Catherine's hand moved instinctively toward her purse, where the small pistol waited. "I don't know what you mean."

"Please. I've been watching you for months. You're saying goodbye to everyone, tying up loose ends. Whatever you're planning, it's happening soon." Sarah's eyes were sharp. "Does it have to do with my father?"

Harold Brennan. Chase Bank chairman. The man who'd provided financial evidence, who'd been drowning in guilt over his complicity.

"Your father chose his own path," Catherine said carefully.

"I know. And I know you're using his testimony to build some kind of case. Against whom, exactly?" Sarah moved closer. "I'm not trying to stop you. I want to help. My brother died at Guadalcanal. If his death was because of the people my father worked with—"

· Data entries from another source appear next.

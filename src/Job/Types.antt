-- ===== src/Job/Types.antt =====
-- internal/domain/job/job.go: the job, its states, attempts and worker leases.
use aurora_old.Base.{String, Bool, ◌||◌, Option, ℕ, eqb}
use aurora_old.Base.Int.{ℤ}
use aurora_old.Identity.Subject.{IdentityError, Resource}

-- The last two are a denied authorization and a slice that panics.
pub data JobError : Type 0 where
  not_found already_claimed cannot_cancel cannot_retry invalid_state : JobError
  max_retries_exceeded slice_panic : JobError
  denied : IdentityError → JobError

-- `unset` is the empty string, which `Create` replaces.
pub data Status : Type 0 where
  unset pending running retrying succeeded failed canceled : Status

abbrev pub status_code : Status → ℕ
status_code unset = 0
status_code pending = 1
status_code running = 2
status_code retrying = 3
status_code succeeded = 4
status_code failed = 5
status_code canceled = 6

abbrev pub status_is : Status → Status → Bool
status_is s t = eqb (status_code s) (status_code t)

unfoldable pub is_terminal : Status → Bool
is_terminal s = status_is s succeeded || status_is s failed || status_is s canceled

pub record Job : Type 0 where
  pub id : String
  pub tenant_id : String
  pub job_type : String
  pub resource_type : String
  pub resource_id : String
  pub status : Status
  pub payload : String
  pub result : String
  pub error : String
  pub retry_count : ℤ
  pub max_retries : ℤ
  pub next_retry_at : Option ℤ
  pub locked_by_worker : String
  pub locked_until : Option ℤ
  pub created_at : ℤ
  pub started_at : Option ℤ
  pub completed_at : Option ℤ
  pub progress_percent : ℤ

-- `Job.Resource`
unfoldable pub resource : Job → Resource
resource j = record { type_name = "job"; id = j.id; owner_id = j.tenant_id; location_id = "" }

pub record JobAttempt : Type 0 where
  pub id : String
  pub job_id : String
  pub attempt_number : ℤ
  pub worker_id : String
  pub error : String
  pub started_at : ℤ
  pub finished_at : Option ℤ

pub record WorkerLease : Type 0 where
  pub worker_id : String
  pub hostname : String
  pub pid : ℤ
  pub status : String
  pub heartbeat_at : ℤ
  pub expires_at : ℤ
  pub created_at : ℤ

pub record JobFilter : Type 0 where
  pub tenant_id : String
  pub job_type : String
  pub status : Status
  pub resource_type : String
  pub resource_id : String
  pub limit : ℤ
  pub offset : ℤ
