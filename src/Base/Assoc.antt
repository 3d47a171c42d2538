-- ===== src/Base/Assoc.antt =====
-- Go's `map[string]V` as a list of entries, in the order in which a `range` visits them.
use Prim.Native.String.{String}
use mathlib.Core.Path.{◌≡◌, refl}
use mathlib.Core.Option.{Option, none, some}
use mathlib.Core.List.{List, [], ◌∷◌}
use native.Mathlib.Omega.{arith}
use text.Mathlib.Text.{◌==◌}
use text.Mathlib.TextEquality.{eq_iff}
use text.Mathlib.TextPositions.{eq_refl}
use aurora_old.Base.Tests.{if◌then◌else◌}

abbrev pub Assoc {ℓ} : Type ℓ → Type ℓ
Assoc V = List (String × V)

module _ {ℓ} {V : Type ℓ} where
  unfoldable pub lookup : String → Assoc V → Option V
  lookup key [] = none
  lookup key (entry ∷ rest) = if entry.0 == key then some entry.1 else lookup key rest

  -- `delete(m, key)`
  unfoldable pub erase : String → Assoc V → Assoc V
  erase key [] = []
  erase key (entry ∷ rest) =
      let kept = erase key rest in if entry.0 == key then kept else entry ∷ kept

  -- `m[key] = value`; a new key goes last.
  unfoldable pub insert : String → V → Assoc V → Assoc V
  insert key value [] = (key, value) ∷ []
  insert key value (entry ∷ rest) =
      if entry.0 == key then (key, value) ∷ rest else entry ∷ insert key value rest

  pub lookup-erase :
      (key other : String) (m : Assoc V)
      → lookup other (erase key m) ≡ (if key == other then none else lookup other m)
  unfolding lookup erase
  lookup-erase key other [] = ground arith
  lookup-erase key other (entry ∷ rest) = ground (
    arith,
    lookup-erase key other rest,
    eq_iff entry.0 key,
    eq_iff entry.0 other,
    eq_iff key other,
  )

  pub lookup-insert :
      (key other : String) (value : V) (m : Assoc V)
      → lookup other (insert key value m) ≡ (if key == other then some value else lookup other m)
  unfolding lookup insert
  lookup-insert key other value [] = ground arith
  lookup-insert key other value (entry ∷ rest) = ground (
    arith,
    lookup-insert key other value rest,
    eq_iff entry.0 key,
    eq_iff entry.0 other,
    eq_iff key other,
  )

  pub lookup-insert_self :
      (key : String) (value : V) (m : Assoc V) → lookup key (insert key value m) ≡ some value
  lookup-insert_self key value m = rw (lookup-insert key key value m, eq_refl)

  -- Every entry satisfies a predicate of its key and value.
  abbrev pub Each {κ} : (String → V → Type κ) → Assoc V → Type κ
  Each P [] = Unit
  Each P ((k, v) ∷ m) = P k v × Each P m

  -- No key is listed twice.
  abbrev pub IsMap : Assoc V → Type ℓ
  IsMap [] = Unit
  IsMap ((k, v) ∷ m) = (lookup k m ≡ none) × IsMap m

  pub Each-lookup {κ} :
      (P : String → V → Type κ) (k : String) {v : V} (m : Assoc V)
      → Each P m
      → lookup k m ≡ some v
      → P k v
  unfolding lookup
  Each-lookup P k {v} [] h e = cc
  Each-lookup P k {v} ((j, w) ∷ m) h e = ground (arith, eq_iff j k, Each-lookup P k {v = v} m h.1)

  pub Each-insert {κ} :
      (P : String → V → Type κ) (k : String) (v : V) (m : Assoc V)
      → Each P m
      → P k v
      → Each P (insert k v m)
  unfolding insert
  Each-insert P k v [] h p = (p, tt)
  Each-insert P k v ((j, w) ∷ m) h p = ground (arith, Each-insert P k v m h.1 p)

  pub Each-erase {κ} :
      (P : String → V → Type κ) (k : String) (m : Assoc V) → Each P m → Each P (erase k m)
  unfolding erase
  Each-erase P k [] h = tt
  Each-erase P k ((j, w) ∷ m) h = ground (arith, Each-erase P k m h.1)

  pub insert-IsMap : (k : String) (v : V) (m : Assoc V) → IsMap m → IsMap (insert k v m)
  unfolding insert
  insert-IsMap k v [] h = unfold lookup in (refl, tt)
  insert-IsMap k v ((j, w) ∷ m) h =
      ground (arith, eq_iff j k, eq_iff k j, insert-IsMap k v m h.1, lookup-insert k j v m)

  pub erase-IsMap : (k : String) (m : Assoc V) → IsMap m → IsMap (erase k m)
  unfolding erase
  erase-IsMap k [] h = tt
  erase-IsMap k ((j, w) ∷ m) h =
      ground (arith, eq_iff j k, eq_iff k j, erase-IsMap k m h.1, lookup-erase k j m)

  -- With each key once, what holds at every lookup holds of every entry.
  pub Each-of_lookup {κ} :
      (P : String → V → Type κ) (m : Assoc V)
      → IsMap m
      → ((k : String) (v : V) → lookup k m ≡ some v → P k v)
      → Each P m
  unfolding lookup
  Each-of_lookup P [] u h = tt
  Each-of_lookup P ((k, v) ∷ m) u h = (
    h k v (rw eq_refl),
    Each-of_lookup P m u.1 (λ i w e. h i w (ground (arith, u.0, eq_iff k i))),
  )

"Sarah." Catherine's voice was sharp. "The less you know, the safer you are. What we're doing—it's dangerous. If it goes wrong, anyone connected to us will be in danger."

"Then tell me how to protect myself. Tell me what to do if you disappear."

Catherine made a decision. She pulled out a sealed envelope from her purse. "If you don't hear from me by September 15th, mail this. The address is inside. Don't open it. Don't read it. Just mail it."

"What is it?"

"Insurance. A backup of our evidence. If we don't make it, someone still needs to know the truth."

Sarah took the envelope with shaking hands. "You're going to die, aren't you? Whatever you're planning, you don't expect to survive."

"I expect to do what's necessary." Catherine turned to leave, then paused. "Your brother—what was his name?"

"Thomas. Thomas Brennan. He was twenty-two."

"Thomas Brennan died at Guadalcanal. We know why. We have proof of who's responsible. And in seven days, we're going to make them answer for it." Catherine met Sarah's eyes. "If we succeed, your brother's death will have meant something. If we fail, make sure that envelope gets mailed."

She left Sarah standing in the hallway, holding insurance Catherine hoped she'd never need to use.